Source data:
= Beginning of Section =

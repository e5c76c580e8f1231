-- ===== src/OpRegion/FieldWrite.antt =====
-- core/opregion.c: the whole write of a field whose other bits are preserved.
use native.Mathlib.Decide.{dec_lt}
use lai.Base.{
  ℕ, zero, suc, ◌+◌, ◌-◌, ◌*◌, ◌/◌, ◌%◌, ◌^◌, ◌≤◌, ◌<◌, ◌≡◌, ◌⊎◌, inl, inr, refl, sym, ap, ◌∙◌, max,
  List, length, lt→ltb, le→ltb, ok, ◌>>=◌, arith,
}
use lai.Bits.{bit}
use lai.OpRegion.Buffer.{buffer_get_at}
use lai.OpRegion.BufferBits.{buffer_bit, split_at}
use lai.OpRegion.BufferRead.{buffer_get_at-Got, zero_max}
use lai.OpRegion.Merge.{merge_bits_inside, merge_bits_outside}
use lai.OpRegion.Field.{
  Device, Field, bit_start, access_bits, old_value, merge_bits, write_loop, access_width,
  write_field_internal, read_field_internal, first_offset,
}
use lai.OpRegion.FieldRead.{Width, IsMemory, access_lem, first_offset_lem}
use lai.OpRegion.FieldLoop.{shift_ok_lem, read_field_internal-Filled}

-- The bits of a region from `lo` to `hi` have become those of a source, and no other bit changes.
pub record Written (before after source : ℕ → ℕ) (lo hi : ℕ) : Type 0 where
  pub inside : (j : ℕ) → lo ≤ j → j < hi → after j ≡ source j
  pub outside : (j : ℕ) → (j < lo) ⊎ (hi ≤ j) → after j ≡ before j

Written-append :
    (before mid after source : ℕ → ℕ) (lo m hi : ℕ)
    → lo ≤ m
    → m ≤ hi
    → Written before mid source lo m
    → Written mid after source m hi
    → Written before after source lo hi
Written-append before mid after source lo m hi lm mh f g = record {
  inside = λ j from below. elim (dec_lt j m) [
    | yes early ↦ g.outside j (inl early) ∙ f.inside j from early
    | no late ↦ g.inside j (omega arith) below
  ];
  outside = λ j away. elim away [
    | inl low ↦ g.outside j (inl (omega arith)) ∙ f.outside j (inl low)
    | inr high ↦ g.outside j (inr high) ∙ f.outside j (inr (omega arith))
  ];
}

-- One access of width `a` at `at`, of which the bits from `start` on are the new ones.
access-Written :
    (before after source : ℕ → ℕ) (at a start bits : ℕ) (merged old : ℕ)
    → start + bits ≤ a
    → ((i : ℕ) → i < a → after (at + i) ≡ bit merged i)
    → ((j : ℕ) → (j < at) ⊎ (at + a ≤ j) → after j ≡ before j)
    → ((i : ℕ) → i < a → bit old i ≡ before (at + i))
    → ((k : ℕ) → k < bits → bit merged (start + k) ≡ source (at + start + k))
    → ((i : ℕ) → i < a → (i < start) ⊎ (start + bits ≤ i) → bit merged i ≡ bit old i)
    → Written before after source (at + start) (at + start + bits)
access-Written before after source at a start bits merged old within new same was inner outer =
    record {
      inside = λ j from below.
          let (k, here) = split_at (at + start) j from in
          ap after (here ∙ (omega arith))
          ∙ new (start + k) (omega arith)
          ∙ inner k (omega arith)
          ∙ ap source (sym here);
      outside = λ j away. elim (dec_lt j at) [
        | yes low ↦ same j (inl low)
        | no more ↦ elim (dec_lt j (at + a)) [
          | no high ↦ same j (inr (omega arith))
          | yes within_access ↦
              let (i, here) = split_at at j (omega arith) in
              let side : (i < start) ⊎ (start + bits ≤ i) = elim away [
                | inl low ↦ inl (omega arith)
                | inr high ↦ inr (omega arith)
              ] in
              ap after here
              ∙ new i (omega arith)
              ∙ outer i (omega arith) side
              ∙ was i (omega arith)
              ∙ ap before (sym here)
        ]
      ];
    }

-- The bounds may be written in another way.
Written-at :
    (before after source : ℕ → ℕ) (lo hi lo' hi' : ℕ)
    → lo ≡ lo'
    → hi ≡ hi'
    → Written before after source lo hi
    → Written before after source lo' hi'
Written-at before after source lo hi lo' hi' e e' f = record {
  inside = λ j from below. f.inside j (omega arith) (omega arith);
  outside = λ j away. elim away [
    | inl low ↦ f.outside j (inl (omega arith))
    | inr high ↦ f.outside j (inr (omega arith))
  ];
}

Width-small : (a : ℕ) → Width a → a ≤ 32
Width-small a (inl e) = omega (arith, e)
Width-small a (inr (inl e)) = omega (arith, e)
Width-small a (inr (inr e)) = omega (arith, e)

module _ {S : Type 0} (device : Device S) (region : S → ℕ → ℕ) (limit : ℕ)
    (mem : IsMemory device region limit) (field : Field) (a : ℕ) (w : Width a)
    (room : field.fld_offset + field.fld_size + a ≤ limit + 1)
    (preserve : field.fld_flags / 32 % 16 ≡ 0) (src : List ℕ)
    (enough : field.fld_size ≤ 8 * length src) where
  abbrev o : ℕ
  o = field.fld_offset

  abbrev n : ℕ
  n = field.fld_size

  -- Where the new bits of the region come from.
  abbrev new_bits : ℕ → ℕ
  new_bits j = buffer_bit src (j - o)

  old_value_lem :
      (s : S) (offset : ℕ) → old_value device field a s offset ≡ device.read_bits s a offset
  unfolding old_value
  old_value_lem s offset = rw (old_value, preserve) refl

  -- One round of the loop.
  write_step :
      (s : S) (offset p : ℕ)
      → p < n
      → 8 * offset ≡ o + p - (o + p) % a
      → (v new_val : ℕ) × (out : S) × (old_value device field a s offset ≡ ok (v, s))
        × (buffer_get_at (access_bits o n a p + 1) src p (access_bits o n a p) 0 0 ≡ ok new_val)
        × (device.write_bits s a offset
              (merge_bits v new_val (bit_start o a p) (access_bits o n a p))
            ≡ ok out)
        × Written (region s) (region out) new_bits (o + p) (o + (p + access_bits o n a p))
  write_step s offset p more aligned =
      let acc = access_lem a o n p offset w more aligned in
      let start = bit_start o a p in
      let bits = access_bits o n a p in
      let limit_ok : 8 * offset + a ≤ limit = omega (arith, acc.begins) in
      let (v, got, vb) = mem.reads s a offset w limit_ok in
      let (new_val, get, g) =
        buffer_get_at-Got src p bits (omega (arith, acc.few)) (omega (arith, acc.stops)) in
      let merged = merge_bits v new_val start bits in
      let (out, wrote, inside, outside) = mem.writes s a offset merged w limit_ok in
      let fits : start + bits < 65 = omega (arith, acc.within, Width-small a w) in
      let done =
        access-Written (region s) (region out) new_bits (8 * offset) a start bits merged v
          acc.within inside outside vb
          (λ k lt.
            merge_bits_inside start bits fits v new_val k lt
            ∙ g.digits k lt
            ∙ ap (buffer_bit src) (omega (arith, acc.begins)))
          (λ i lt away.
            merge_bits_outside start bits fits v new_val i (omega (arith, Width-small a w)) away) in
      (
        v,
        new_val,
        out,
        old_value_lem s offset ∙ got,
        get,
        wrote,
        Written-at (region s) (region out) new_bits (8 * offset + start) (8 * offset + start + bits)
            (o + p) (o + (p + bits)) (omega (arith, acc.begins)) (omega (arith, acc.begins)) done,
      )

  write_loop_lem :
      (fuel : ℕ) (s : S) (offset p : ℕ)
      → p ≤ n
      → n < p + fuel
      → (p < n → 8 * offset ≡ o + p - (o + p) % a)
      → (out : S) × (write_loop device field a fuel s src offset p ≡ ok out)
        × Written (region s) (region out) new_bits (o + p) (o + n)
  unfolding write_loop
  write_loop_lem zero s offset p le fuel_left aligned = absurd (omega arith)
  write_loop_lem (suc fuel) s offset p le fuel_left aligned = elim (dec_lt p n) [
    | no done ↦ (
      s,
      rw (write_loop, le→ltb p n (omega arith)) refl,
      record { inside = λ j from below. absurd (omega arith); outside = λ j away. refl },
    )
    | yes more ↦
        let acc = access_lem a o n p offset w more (aligned more) in
        let bits = access_bits o n a p in
        let (v, new_val, mid, old, get, wrote, f) = write_step s offset p more (aligned more) in
        let (out, run, g) =
          write_loop_lem fuel mid (offset + a / 8) (p + bits) acc.stops
            (omega (arith, acc.some_bits)) acc.follows in
        (
          out,
          rw
              (
                write_loop,
                lt→ltb p n more,
                shift_ok_lem bits acc.few,
                ◌>>=◌,
                old,
                ◌>>=◌,
                get,
                ◌>>=◌,
                wrote,
                ◌>>=◌,
              )
              run,
          Written-append (region s) (region mid) (region out) new_bits (o + p) (o + (p + bits))
              (o + n) (omega arith) (omega (arith, acc.stops)) f g,
        )
  ]

  -- For a field accessed by 8, 16 or 32 bits, whose other bits are preserved, in a region whose
  -- device is a memory of bits that reaches past the last access, and a source that holds the
  -- bits: lai_write_field_internal ends without a fault, the bits of the region that belong to
  -- the field become those of the source, and no other bit of the region changes.
  pub write_field_internal-Written :
      (s : S)
      → access_width field ≡ ok a
      → o < 2 ^ 64
      → (out : S) × (write_field_internal device s src field ≡ ok out)
        × Written (region s) (region out) new_bits o (o + n)
  unfolding write_field_internal
  write_field_internal-Written s width small =
      let (out, run, f) =
        write_loop_lem (n + 1) s (first_offset o a) 0 (omega arith) (omega arith)
          (λ _. first_offset_lem a o w small) in
      (
        out,
        rw (write_field_internal, width, ◌>>=◌) run,
        Written-at (region s) (region out) new_bits (o + 0) (o + n) o (o + n) (omega arith) refl f,
      )

  -- A field that is written and read again: the buffer that was clear holds the bits of the source.
  pub read_field_internal-write_field_internal :
      (s : S) (dest : List ℕ)
      → access_width field ≡ ok a
      → o < 2 ^ 64
      → n ≤ 8 * length dest
      → ((i : ℕ) → i < n → buffer_bit dest i ≡ 0)
      → (out : List ℕ) × (after : S) × ((write_field_internal device s src field >>= λ t.
            read_field_internal device t dest field)
          ≡ ok (out, after))
        × ((i : ℕ) → i < n → buffer_bit out i ≡ buffer_bit src i)
  read_field_internal-write_field_internal s dest width small fits clear =
      let (after, wrote, f) = write_field_internal-Written s width small in
      let (out, read_, g) =
        read_field_internal-Filled device region limit mem field a w room after dest width small
          fits in
      (
        out,
        after,
        rw (wrote, ◌>>=◌) read_,
        λ i lt.
            g.inside i (omega arith) lt
            ∙ ap (λ (t : ℕ). max t (region after (o + i))) (clear i lt)
            ∙ zero_max (region after (o + i))
            ∙ f.inside (o + i) (omega arith) (omega arith)
            ∙ ap (buffer_bit src) (omega arith),
      )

= End of Section =

Please find each line in the records above that holds the word "changes", and copy it.

OUTPUT BELOW:
-- The bits of a region from `lo` to `hi` have become those of a source, and no other bit changes.
  -- the field become those of the source, and no other bit of the region changes.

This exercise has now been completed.